Revised Common Lectionary (Complementary)
10 Leiders van Jeruzalem, slecht als Sodom, luister naar wat de Heer zegt! Volk van Jeruzalem, slecht als Gomorra, luister goed naar wat onze God jullie wil zeggen! 11 De Heer zegt: "Waarom brengen jullie Mij zoveel offers? Houd alsjeblieft op met het offeren van al die schapen en al dat vet. Ik heb er genoeg van! Ik kan het bloed van stieren, schapen en geiten niet meer zíen! 12 Jullie komen naar mijn tempel, maar wie heeft jullie gevraagd om te komen? 13 Jullie kunnen maar beter wegblijven met jullie schijnheilige offers. Walgelijk vind Ik ze. Offers voor de nieuwe maand en de heilige rustdag,[a] allerlei samenkomsten – Ik heb er genoeg van! Jullie vieren al mijn feesten, maar intussen doen jullie vreselijke dingen! 14 Ik heb helemaal genoeg van al die feesten. Ik háát ze. Ik ben ze helemaal zat. Ik kan ze niet meer verdragen. 15 Als jullie tot Mij bidden en je handen naar Mij omhoog steken, wil Ik jullie niet zien. Hoelang jullie ook bidden, Ik zal niet luisteren. Want er kleeft bloed aan jullie handen. 16 Ga je wassen, zorg dat je schoon wordt! Zorg dat Ik geen slechte dingen meer zie! Stop met de slechte dingen die jullie doen! 17 Leer liever om goed en eerlijk te zijn. Spreek eerlijk recht. Zorg voor de arme mensen en de weeskinderen. Kom voor de weduwen op.
18 Kom, laat Mij over jullie rechtspreken, zegt de Heer. Jullie daden zijn zo rood als bloed.
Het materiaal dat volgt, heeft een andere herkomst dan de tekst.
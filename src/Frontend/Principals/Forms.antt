-- ===== src/Frontend/Principals/Forms.antt =====
-- What a form lets through, the server's schema accepts. The client's expression for UUIDs is stricter than
-- zod's test, or the same.
use monok8s.Prelude.{◌≡◌, Bool, true, Option, none, some, Text, arith, trim}
use monok8s.Auth.Roles.{PrincipalType}
use monok8s.Api.Principals.Roles.{Principal}
use monok8s.Api.Router.Schemas.{
  CreateGroupInput, accepts_name, accepts_create_group, accepts_principal,
}
use monok8s.Frontend.Principals.{
  valid, matches_uuid, with_parent, validate_group_form, validate_member_user_id, as_type,
  with_type, validate_roles_form,
}

module _ (is_uuid : Text → Bool)
    (uuids : (t : Text) → matches_uuid t ≡ true → is_uuid t ≡ true) where
  with_parent-accepted :
      (name parent : Text) (input : CreateGroupInput)
      → accepts_name name ≡ true
      → with_parent name parent ≡ valid input
      → accepts_create_group is_uuid input ≡ true
  unfolding accepts_create_group
  with_parent-accepted name parent input n e = ground (arith, uuids parent)

  pub validate_group_form-accepted :
      (raw_name raw_parent : Text) (input : CreateGroupInput)
      → validate_group_form raw_name raw_parent ≡ valid input
      → accepts_create_group is_uuid input ≡ true
  unfolding validate_group_form
  validate_group_form-accepted raw_name raw_parent input e =
      ground (arith, with_parent-accepted (trim raw_name) (trim raw_parent) input)

  pub validate_member_user_id-accepted :
      (raw id : Text) → validate_member_user_id raw ≡ valid id → is_uuid id ≡ true
  unfolding validate_member_user_id
  validate_member_user_id-accepted raw id e = ground (arith, uuids (trim raw))

  with_type-accepted :
      (id : Text) (o : Option PrincipalType) (p : Principal)
      → is_uuid id ≡ true
      → with_type id o ≡ valid p
      → accepts_principal is_uuid p ≡ true
  with_type-accepted id none p u e = ground arith
  with_type-accepted id (some t) p u e = ground arith

  pub validate_roles_form-accepted :
      (raw_id raw_type : Text) (p : Principal)
      → validate_roles_form raw_id raw_type ≡ valid p
      → accepts_principal is_uuid p ≡ true
  unfolding validate_roles_form
  validate_roles_form-accepted raw_id raw_type p e =
      ground (arith, uuids (trim raw_id), with_type-accepted (trim raw_id) (as_type raw_type) p)
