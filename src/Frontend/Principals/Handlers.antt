-- ===== src/Frontend/Principals/Handlers.antt =====
-- frontend/src/routes/Principals.tsx: the pair of signals that a group of mutations shares, such as
-- groupActionPending and groupActionError, through a handler. A handler runs from `await` to `await`: up
-- to its mutation, from its answer to the refetch, and from that to the end.
pub mod Tracking
use monok8s.Prelude.{Bool, true, false, Option, none, some, Text, if◌then◌else◌}
use monok8s.Services.{Result, ok, throw}
use monok8s.Services.Exec.{detail_of}

pub data Stage : Type 0 where
  idle mutating refetching : Stage

pub record Signals : Type 0 where
  pub stage : Stage
  pub pending : Bool
  pub error : Option Text

abbrev pub at_rest : Signals
at_rest = record { stage = idle; pending = false; error = none }

-- `setError(null); setPending(true)`, and the mutation is sent.
abbrev pub begin : Signals
begin = record { stage = mutating; pending = true; error = none }

-- `finally`
abbrev pub finished : Option Text → Signals
finished error = record { stage = idle; pending = false; error = error }

abbrev pub refetch : Signals → Signals
refetch s = record s { stage = refetching }

-- The answer to the mutation; the flag says whether the handler refetches.
unfoldable pub on_mutated : Bool → Stage → Result (Unit {0}) → Signals → Signals
on_mutated refetches mutating (ok _) s = if refetches then refetch s else finished s.error
on_mutated refetches mutating (throw e) s = finished (some (detail_of e))
on_mutated refetches _ _ s = s

unfoldable pub on_refetched : Stage → Result (Unit {0}) → Signals → Signals
on_refetched refetching (ok _) s = finished s.error
on_refetched refetching (throw e) s = finished (some (detail_of e))
on_refetched _ _ s = s

abbrev pub is_busy : Stage → Bool
is_busy idle = false
is_busy mutating = true
is_busy refetching = true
Toch zullen ze zo wit worden als witte wol, als sneeuw.
Psalm 32
1 Een lied van David, om iets van te leren.
Het is heerlijk
als de Heer je heeft vergeven wat je verkeerd hebt gedaan.
Het is heerlijk
als God je heeft vergeven dat je Hem ongehoorzaam bent geweest.
2 Het is heerlijk
als de Heer zegt dat je niet meer schuldig bent.
Het is heerlijk
als Hij je alles heeft vergeven.
3 Eerst zweeg ik tegen God over de dingen die ik verkeerd had gedaan.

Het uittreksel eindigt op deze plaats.